-- Available records follows --

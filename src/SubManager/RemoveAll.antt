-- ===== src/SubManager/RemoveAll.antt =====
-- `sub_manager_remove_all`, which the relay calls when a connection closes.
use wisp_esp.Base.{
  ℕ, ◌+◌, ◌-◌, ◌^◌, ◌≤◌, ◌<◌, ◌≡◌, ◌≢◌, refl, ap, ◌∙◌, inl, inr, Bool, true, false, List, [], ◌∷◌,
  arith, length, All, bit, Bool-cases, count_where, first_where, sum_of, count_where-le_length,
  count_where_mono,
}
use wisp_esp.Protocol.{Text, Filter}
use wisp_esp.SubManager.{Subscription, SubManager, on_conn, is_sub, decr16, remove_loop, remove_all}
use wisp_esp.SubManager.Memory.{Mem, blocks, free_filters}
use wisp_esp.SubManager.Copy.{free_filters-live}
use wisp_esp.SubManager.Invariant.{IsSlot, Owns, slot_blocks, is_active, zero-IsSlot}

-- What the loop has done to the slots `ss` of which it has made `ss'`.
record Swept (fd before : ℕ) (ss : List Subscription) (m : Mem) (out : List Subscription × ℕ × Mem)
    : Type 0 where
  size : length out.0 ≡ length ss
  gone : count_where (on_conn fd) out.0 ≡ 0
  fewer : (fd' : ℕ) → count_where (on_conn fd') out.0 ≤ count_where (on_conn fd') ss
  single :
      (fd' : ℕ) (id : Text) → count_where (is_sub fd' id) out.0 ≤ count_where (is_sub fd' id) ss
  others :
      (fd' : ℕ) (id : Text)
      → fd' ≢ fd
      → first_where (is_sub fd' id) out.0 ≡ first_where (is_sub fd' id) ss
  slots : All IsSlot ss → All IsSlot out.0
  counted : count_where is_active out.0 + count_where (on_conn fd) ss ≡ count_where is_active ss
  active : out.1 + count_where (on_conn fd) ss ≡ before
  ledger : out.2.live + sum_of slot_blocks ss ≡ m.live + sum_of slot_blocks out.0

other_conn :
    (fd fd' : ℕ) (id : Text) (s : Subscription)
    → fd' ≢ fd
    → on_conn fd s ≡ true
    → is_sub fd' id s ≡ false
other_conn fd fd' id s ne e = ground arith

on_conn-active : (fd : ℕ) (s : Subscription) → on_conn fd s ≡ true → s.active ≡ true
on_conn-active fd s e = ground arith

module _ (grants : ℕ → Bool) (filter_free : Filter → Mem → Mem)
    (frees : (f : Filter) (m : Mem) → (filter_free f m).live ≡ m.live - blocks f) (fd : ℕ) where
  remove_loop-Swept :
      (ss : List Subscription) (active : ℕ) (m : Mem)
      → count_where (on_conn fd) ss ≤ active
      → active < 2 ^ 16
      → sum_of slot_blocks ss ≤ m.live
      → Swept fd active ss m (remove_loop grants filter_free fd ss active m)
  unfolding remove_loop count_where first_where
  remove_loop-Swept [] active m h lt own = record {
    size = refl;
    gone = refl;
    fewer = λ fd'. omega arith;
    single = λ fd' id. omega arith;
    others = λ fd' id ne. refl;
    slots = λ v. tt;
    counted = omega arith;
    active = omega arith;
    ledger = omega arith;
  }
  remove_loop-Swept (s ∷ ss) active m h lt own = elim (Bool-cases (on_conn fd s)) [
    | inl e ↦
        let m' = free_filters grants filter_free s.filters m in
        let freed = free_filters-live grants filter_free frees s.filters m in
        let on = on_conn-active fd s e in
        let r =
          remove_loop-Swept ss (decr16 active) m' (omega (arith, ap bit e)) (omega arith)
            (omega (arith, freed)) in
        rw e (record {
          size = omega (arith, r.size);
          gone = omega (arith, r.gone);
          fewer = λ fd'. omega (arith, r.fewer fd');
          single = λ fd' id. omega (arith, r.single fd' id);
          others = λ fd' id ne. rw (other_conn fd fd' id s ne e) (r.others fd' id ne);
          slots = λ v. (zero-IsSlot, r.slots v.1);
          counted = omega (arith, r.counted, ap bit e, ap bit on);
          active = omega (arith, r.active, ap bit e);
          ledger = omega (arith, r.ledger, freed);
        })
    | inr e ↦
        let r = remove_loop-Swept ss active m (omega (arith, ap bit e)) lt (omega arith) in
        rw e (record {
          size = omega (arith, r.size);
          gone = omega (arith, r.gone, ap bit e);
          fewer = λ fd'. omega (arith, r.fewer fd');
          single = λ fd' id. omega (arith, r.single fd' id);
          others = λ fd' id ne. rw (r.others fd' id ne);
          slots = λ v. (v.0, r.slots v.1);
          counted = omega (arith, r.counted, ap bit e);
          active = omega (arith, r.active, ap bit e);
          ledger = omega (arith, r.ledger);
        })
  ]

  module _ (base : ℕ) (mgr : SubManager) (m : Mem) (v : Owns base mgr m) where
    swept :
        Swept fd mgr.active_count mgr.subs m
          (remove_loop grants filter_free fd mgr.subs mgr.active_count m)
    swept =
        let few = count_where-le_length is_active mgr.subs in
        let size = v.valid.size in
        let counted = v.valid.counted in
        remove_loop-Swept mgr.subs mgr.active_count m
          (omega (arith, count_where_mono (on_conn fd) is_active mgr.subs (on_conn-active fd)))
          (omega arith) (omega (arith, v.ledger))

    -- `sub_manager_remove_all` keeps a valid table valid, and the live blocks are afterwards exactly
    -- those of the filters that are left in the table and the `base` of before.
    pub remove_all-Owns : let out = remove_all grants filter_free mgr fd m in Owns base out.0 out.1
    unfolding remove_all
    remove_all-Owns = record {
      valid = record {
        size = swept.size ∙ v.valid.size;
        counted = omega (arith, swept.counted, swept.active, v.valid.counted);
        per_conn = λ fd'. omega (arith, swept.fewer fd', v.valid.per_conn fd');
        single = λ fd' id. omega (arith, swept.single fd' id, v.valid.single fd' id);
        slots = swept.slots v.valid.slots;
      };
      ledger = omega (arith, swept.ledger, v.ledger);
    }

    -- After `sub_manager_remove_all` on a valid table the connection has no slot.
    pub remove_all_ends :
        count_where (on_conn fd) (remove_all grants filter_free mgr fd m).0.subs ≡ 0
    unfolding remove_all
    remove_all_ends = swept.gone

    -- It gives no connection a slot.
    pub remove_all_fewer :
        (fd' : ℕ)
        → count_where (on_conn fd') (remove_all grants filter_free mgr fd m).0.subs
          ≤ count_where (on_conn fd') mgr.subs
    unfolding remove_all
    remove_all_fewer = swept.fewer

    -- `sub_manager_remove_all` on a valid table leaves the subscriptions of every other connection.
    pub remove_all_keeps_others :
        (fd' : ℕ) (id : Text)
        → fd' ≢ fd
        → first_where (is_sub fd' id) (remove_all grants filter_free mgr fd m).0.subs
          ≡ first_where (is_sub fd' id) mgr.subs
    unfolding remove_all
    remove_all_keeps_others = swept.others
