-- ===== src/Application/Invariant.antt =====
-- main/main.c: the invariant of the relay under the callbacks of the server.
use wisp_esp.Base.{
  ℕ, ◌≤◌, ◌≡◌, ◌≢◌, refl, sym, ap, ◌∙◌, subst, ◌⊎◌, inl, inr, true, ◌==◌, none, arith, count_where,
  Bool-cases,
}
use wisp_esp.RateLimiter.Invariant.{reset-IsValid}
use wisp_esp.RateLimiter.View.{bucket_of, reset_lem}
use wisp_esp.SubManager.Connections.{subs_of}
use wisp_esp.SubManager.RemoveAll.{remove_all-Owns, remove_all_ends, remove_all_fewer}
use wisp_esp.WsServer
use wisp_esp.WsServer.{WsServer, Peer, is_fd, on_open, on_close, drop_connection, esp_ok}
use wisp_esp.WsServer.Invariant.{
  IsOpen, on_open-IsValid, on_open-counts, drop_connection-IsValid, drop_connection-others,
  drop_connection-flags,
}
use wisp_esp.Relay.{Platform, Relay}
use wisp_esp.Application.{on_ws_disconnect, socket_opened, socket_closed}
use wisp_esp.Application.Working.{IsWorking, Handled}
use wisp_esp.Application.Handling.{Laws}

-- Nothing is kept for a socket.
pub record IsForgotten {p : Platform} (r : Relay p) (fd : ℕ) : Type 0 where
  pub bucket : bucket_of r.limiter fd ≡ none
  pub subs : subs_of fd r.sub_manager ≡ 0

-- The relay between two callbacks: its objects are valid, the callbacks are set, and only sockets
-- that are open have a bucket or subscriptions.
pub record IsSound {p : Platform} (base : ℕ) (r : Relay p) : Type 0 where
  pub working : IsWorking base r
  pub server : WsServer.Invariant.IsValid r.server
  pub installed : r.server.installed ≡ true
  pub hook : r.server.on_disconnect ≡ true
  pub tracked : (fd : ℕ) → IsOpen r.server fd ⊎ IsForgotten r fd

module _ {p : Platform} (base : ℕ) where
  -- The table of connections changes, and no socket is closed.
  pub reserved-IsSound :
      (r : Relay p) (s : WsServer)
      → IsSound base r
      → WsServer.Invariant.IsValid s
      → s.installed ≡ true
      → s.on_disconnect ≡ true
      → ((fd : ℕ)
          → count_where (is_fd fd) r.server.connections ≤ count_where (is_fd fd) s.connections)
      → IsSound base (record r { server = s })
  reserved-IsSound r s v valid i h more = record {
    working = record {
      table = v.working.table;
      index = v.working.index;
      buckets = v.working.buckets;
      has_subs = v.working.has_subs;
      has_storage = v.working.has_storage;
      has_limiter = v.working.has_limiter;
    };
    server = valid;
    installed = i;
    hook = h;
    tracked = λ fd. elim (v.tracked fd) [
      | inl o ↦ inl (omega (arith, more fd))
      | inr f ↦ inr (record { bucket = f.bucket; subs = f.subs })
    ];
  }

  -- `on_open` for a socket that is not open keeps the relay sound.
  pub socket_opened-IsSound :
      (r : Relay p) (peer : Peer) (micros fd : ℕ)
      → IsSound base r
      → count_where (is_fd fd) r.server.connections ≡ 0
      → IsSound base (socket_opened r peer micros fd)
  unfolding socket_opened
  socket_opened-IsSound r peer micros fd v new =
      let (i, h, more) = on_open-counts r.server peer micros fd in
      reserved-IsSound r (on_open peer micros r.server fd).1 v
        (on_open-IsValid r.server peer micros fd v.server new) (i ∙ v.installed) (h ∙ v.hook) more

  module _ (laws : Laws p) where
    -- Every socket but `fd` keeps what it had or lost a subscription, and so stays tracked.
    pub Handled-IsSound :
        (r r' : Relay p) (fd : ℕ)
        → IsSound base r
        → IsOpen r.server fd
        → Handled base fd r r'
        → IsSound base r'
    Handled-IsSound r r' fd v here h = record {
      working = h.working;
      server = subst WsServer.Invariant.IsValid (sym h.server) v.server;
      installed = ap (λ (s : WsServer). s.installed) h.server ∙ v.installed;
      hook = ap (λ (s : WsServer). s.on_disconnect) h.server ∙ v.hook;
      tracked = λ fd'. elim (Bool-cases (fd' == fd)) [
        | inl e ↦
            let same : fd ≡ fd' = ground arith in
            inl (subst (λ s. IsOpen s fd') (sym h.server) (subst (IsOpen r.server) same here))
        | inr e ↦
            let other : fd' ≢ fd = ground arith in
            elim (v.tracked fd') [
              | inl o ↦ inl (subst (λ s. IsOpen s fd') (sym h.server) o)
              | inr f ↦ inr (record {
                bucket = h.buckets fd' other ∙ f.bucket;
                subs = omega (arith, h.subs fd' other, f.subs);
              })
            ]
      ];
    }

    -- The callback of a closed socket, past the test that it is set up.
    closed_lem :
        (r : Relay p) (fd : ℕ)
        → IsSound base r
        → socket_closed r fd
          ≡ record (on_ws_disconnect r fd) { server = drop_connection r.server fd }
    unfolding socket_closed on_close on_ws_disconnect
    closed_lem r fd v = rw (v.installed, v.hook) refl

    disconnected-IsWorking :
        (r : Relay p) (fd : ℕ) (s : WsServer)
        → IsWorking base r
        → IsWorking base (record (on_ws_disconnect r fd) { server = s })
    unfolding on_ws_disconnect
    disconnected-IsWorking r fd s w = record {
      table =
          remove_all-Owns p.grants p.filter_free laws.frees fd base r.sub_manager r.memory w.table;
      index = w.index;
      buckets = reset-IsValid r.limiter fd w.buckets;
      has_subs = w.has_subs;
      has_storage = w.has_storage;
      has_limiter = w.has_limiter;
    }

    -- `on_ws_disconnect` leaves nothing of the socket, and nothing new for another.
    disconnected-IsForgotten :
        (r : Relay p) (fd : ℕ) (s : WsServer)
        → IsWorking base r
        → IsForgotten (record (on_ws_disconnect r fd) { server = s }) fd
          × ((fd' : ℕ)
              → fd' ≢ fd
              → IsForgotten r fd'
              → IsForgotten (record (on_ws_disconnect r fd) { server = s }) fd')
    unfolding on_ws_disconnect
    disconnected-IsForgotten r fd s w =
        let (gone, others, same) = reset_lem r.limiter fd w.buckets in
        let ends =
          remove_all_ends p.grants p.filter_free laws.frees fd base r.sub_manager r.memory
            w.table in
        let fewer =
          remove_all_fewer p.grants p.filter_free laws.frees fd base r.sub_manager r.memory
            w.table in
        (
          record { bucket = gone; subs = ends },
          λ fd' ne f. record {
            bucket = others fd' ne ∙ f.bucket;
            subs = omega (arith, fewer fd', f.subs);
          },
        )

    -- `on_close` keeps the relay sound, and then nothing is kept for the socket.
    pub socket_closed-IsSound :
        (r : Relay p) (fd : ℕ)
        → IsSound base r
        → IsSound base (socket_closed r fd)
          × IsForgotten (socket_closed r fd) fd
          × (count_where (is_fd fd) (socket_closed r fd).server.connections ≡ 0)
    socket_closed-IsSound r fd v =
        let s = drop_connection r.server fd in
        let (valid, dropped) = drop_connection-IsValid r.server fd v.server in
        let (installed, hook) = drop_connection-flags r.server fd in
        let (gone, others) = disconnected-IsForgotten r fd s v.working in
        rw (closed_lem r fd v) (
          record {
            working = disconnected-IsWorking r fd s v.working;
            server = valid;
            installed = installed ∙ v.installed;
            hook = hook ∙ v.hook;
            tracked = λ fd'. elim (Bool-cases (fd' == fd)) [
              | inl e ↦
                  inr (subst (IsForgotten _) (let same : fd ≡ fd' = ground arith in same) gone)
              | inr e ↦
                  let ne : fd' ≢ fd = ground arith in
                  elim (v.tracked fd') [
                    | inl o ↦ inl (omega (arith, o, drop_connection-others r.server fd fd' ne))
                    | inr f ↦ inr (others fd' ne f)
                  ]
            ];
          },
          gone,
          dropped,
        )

-- Available records concluded --

## Exercise description
Each line of the entries that holds "Type" should be counted, and only the total given.

## Expected output
3